Transaction-style hubs and data meshes are poles apart; we recommend against simultaneously implementing both.
Analysts want query access
The basis for interoperable data products is providing access through APIs, ensuring developers can connect to domains from other domains. Data product developers should provide both operational APIs and analytical APIs, the latter for consumer developers to, for instance, get all current domain records, filter records by criteria and get historical data over time. APIs are both good and necessary because they are technology agnostic; via encapsulation, they limit cascading effects of internal data structure changes; and they promote security.
However, API-only access for analysis is only adequate for data science workloads or small datasets. BI-type analysts prefer ad-hoc query access: Data providers can’t anticipate all possible ways they want to filter, slice and dice the data. Without direct query access, they must read the entire contents via API and move it to another data product.
If data from a domain is needed for analysis, query access should be opened to consumers. Note that all business intelligence (BI) tools on the market require a database connection. API-based sources outnumber available connectors for BI tools by several orders of magnitude.
Dealing with the impact of changes
If query access is opened, data model changes internal to a data product will have a cascading effect in all consuming queries (consider de-normalizing a model). A way to control the impact of such changes is through data lineage technology available in today’s data catalog products. These products gather metadata from BI tools, databases and data pipeline middleware, stitch them together, and establish dependency chains of queries on tables or views down to the column level. Such functionality is a welcome addition to a data platform. Of course, there’s another obvious reason to adopt data catalogs in the data platform, and that is to support data product discovery.

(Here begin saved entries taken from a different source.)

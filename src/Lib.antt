-- ===== src/Lib.antt =====
-- Verification library of the DE-Framework repository: the harness that runs budgeted
-- self-refinement over agent sessions, the proxy that shields its provider credentials, the
-- storage of attempts, and the checks at the edges (launch selection, estimator inputs).
--
-- How the parts interact. A launch (launcher/models.py) gives a problem and a budget. Recovery
-- (harness/self_refine/recovery.py) opens the attempt and calls the loop of
-- harness/self_refine/self_refine.py, which runs phases on an agent session
-- (harness/session/agent_session.py), reads its usage events, freezes a solution at each budget
-- label, and checkpoints between phases. Requests of the session's container pass the proxy
-- (harness/proxy/proxy.py), which picks credentials from a shared pool
-- (harness/proxy/credential_pool.py); the container itself is a worker of harness/sandbox/. The
-- launchers (launcher/launcher/) prepare the attempts of a batch and run them, and the audits of
-- their stored solutions (audit/). Audited runs become the counts of frameworks/.
--
-- Files and code.
--   Exec: methods that mutate an object and may raise; the state comes back beside an error.
--   Text: the string methods that the code calls (strip, splitlines, split) on code points.
--   Refine.State, Refine.Budget, Refine.Phases: harness/self_refine/models.py and self_refine.py,
--     with `Recovery.checkpoint` and `Recovery.restore`. A `Turn` holds what the session, the
--     storage and the provider do in one pass; `World` holds the live state and the saved one.
--   Refine.{Labels, Valid, Capture, Durable, Passes, Progress, Run, Saved}: the proofs about them.
--   Session.Event, Session.Usage, Session.Errors: harness/session/models.py (events),
--     token_usage.py and errors.py.
--   Session.Agent: harness/session/agent_session.py. The generator is an explicit state: where it
--     suspends at a yield, the rest of the turn is kept, and the next input resumes it.
--   Session.Connection: the lifecycle and the buffer of harness/session/connection_manager.py.
--   Session.Options, Session.Tools: its constructor's checks and `_get_options`, and the settings of
--     harness/session/constants.py.
--   Json, Session.State: the checkpoint of harness/session/models.py, as a JSON value.
--   Storage.Continue, Storage.Archive, Storage.Runtime, Storage.Manager: the methods of
--     harness/session/session_manager.py over one seed directory, and `create_runtime` of
--     harness/utils/storage.py. `Io` holds the outcomes of the file operations that may fail.
--   Storage.Manager.{Durable, Cell, Refinement, Operations}: the durable cell that they implement.
--   Storage.Retry: the retry loop of harness/self_refine/recovery.py, harness/utils/retry.py.
--   Proxy.Pool: harness/proxy/credential_pool.py; one round of `acquire` between two waits.
--   Proxy.Requests, Proxy.Gateway: harness/proxy/proxy.py, request_policy.py, and the
--     authentication header of harness/proxy/models.py.
--   Storage.Recovery: `Recovery.run` and `SelfRefine.run` over the stored progress of a seed.
--   Frameworks.Counts: `_cumulative_successes` of frameworks/utils/dataloader.py, and the checks
--     of `Observation` in frameworks/models.py.
--   Frameworks.Loader: the rest of dataloader.py, and `InputSelection` of frameworks/models.py.
--   Frameworks.Base: frameworks/base/base_framework.py. Frameworks.Estimators:
--     frameworks/geometric/simple_geometric.py and
--     frameworks/discovery_execution/discovery_execution.py, over Frameworks.Fractions (exact
--     arithmetic) and Frameworks.Subsets (`math.comb`). Frameworks.Sound: what accepted
--     observations satisfy.
--   Experiments: harness/utils/prompt_loader.py, the prompts of self_refine.py, and experiments/.
--   Launcher.Directory, Launcher.Config: launcher/models.py and experiments/unaided.py.
--   Launcher.Dataset: launcher/dataset.py. Launcher.Provider: launcher/provider.py, and the checks of
--     harness/proxy/models.py. Launcher.Batch: launcher/launcher/base.py, with the tasks
--     of a batch as a step relation. Launcher.Attempts: the preparation of attempts in
--     launcher/launcher/run_launcher.py, audit_launcher.py and continuation_launcher.py.
--   Audit.Models, Audit.Reuse, Audit.Runner: audit/models.py, audit/storage.py and
--     audit/audit_runner.py. A stage's sandbox and its result are an argument.
--   Audit.Judge: audit/base_audit.py, with `fresh_runtime` and `atomic_write` of
--     harness/utils/storage.py as far as it needs them.
--   Sandbox: harness/sandbox/sandbox.py, over a host state on which Docker acts.
--
-- Bounds and fuel. Python integers are unbounded, and so are the numbers here. The loops over
-- phases, attempts and inputs run on lists of what their environment does, one entry for each
-- turn of the loop, so no further fuel is needed. Division by a block of tokens is by floats in the source,
-- which is exact below 2 ^ 53. The estimators compute with floats in the source and with exact
-- fractions here; a difference below zero, which the fractions do not represent, raises, and it is
-- a theorem that none arises.
--
-- Not modelled: HTTP bodies, the text of JSON and its schemas (a value of the wrong type
-- counts as malformed, and a schema is a parameter of the gateway), the SDK and its process, the
-- options of Docker commands, file modes and file operations other than those named, the regularised
-- estimators (numerical optimisation), the output of the framework runner, the prompts of the
-- judges, the compiled exports of audits, the parsing of endpoints and setup scripts.
pub mod Prelude
pub mod Exec
pub mod Text
pub mod Json
pub mod Session
pub mod Refine
pub mod Experiments
pub mod Proxy
pub mod Storage
pub mod Frameworks
pub mod Launcher
pub mod Audit
pub mod Sandbox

Supporting cross-business process analysis
We turn now to analysis on multiple data products, which is how the original quest for data integration is formulated on a data mesh. Our example above — impact of product defects on sales and consumer satisfaction— needs the identification of common data elements having significance across data products supporting sales and customer support business processes. These include region codes, time calendars and product hierarchies.
Supporting data interoperability implies the ability to relate KPIs sliced on, say, the same region and product category. This needs agreement on the values of these common data elements (this is Kimball’s conformed dimensions equivalent). Authoring, tracking changes and distributing reference data values to data products must be governed: This capability, akin to, and supported by, MDM systems, is a candidate to include in a data mesh platform.
In a decentralized data mesh, domain teams have the autonomy to store their data products in the systems of their choice. We mentioned above that the use of virtualized systems was limited, but recent open source query engines — such as Trino, now Starbust — have made significant progress toward becoming agnostic to storage technology, yet scalably process data using parallel processing techniques.
Some organizations can be less liberal, have teams store their data in assigned areas of the same underlying data engine and still be faithful to data mesh’s decentralized ownership principles, as discussed here. In this case, query engines have less data to move during processing, so better performance can be expected.
Data mesh has good chances of succeeding because it has strong and sound principles, and because there is enabling technology that has matured over the years to solve many related data management problems. However, to fully establish itself, there needs to be evidence that data mesh projects are capable of overcoming the data integration problem. A data mesh with a data platform layer containing data management capabilities like the ones described here would be a good place to start.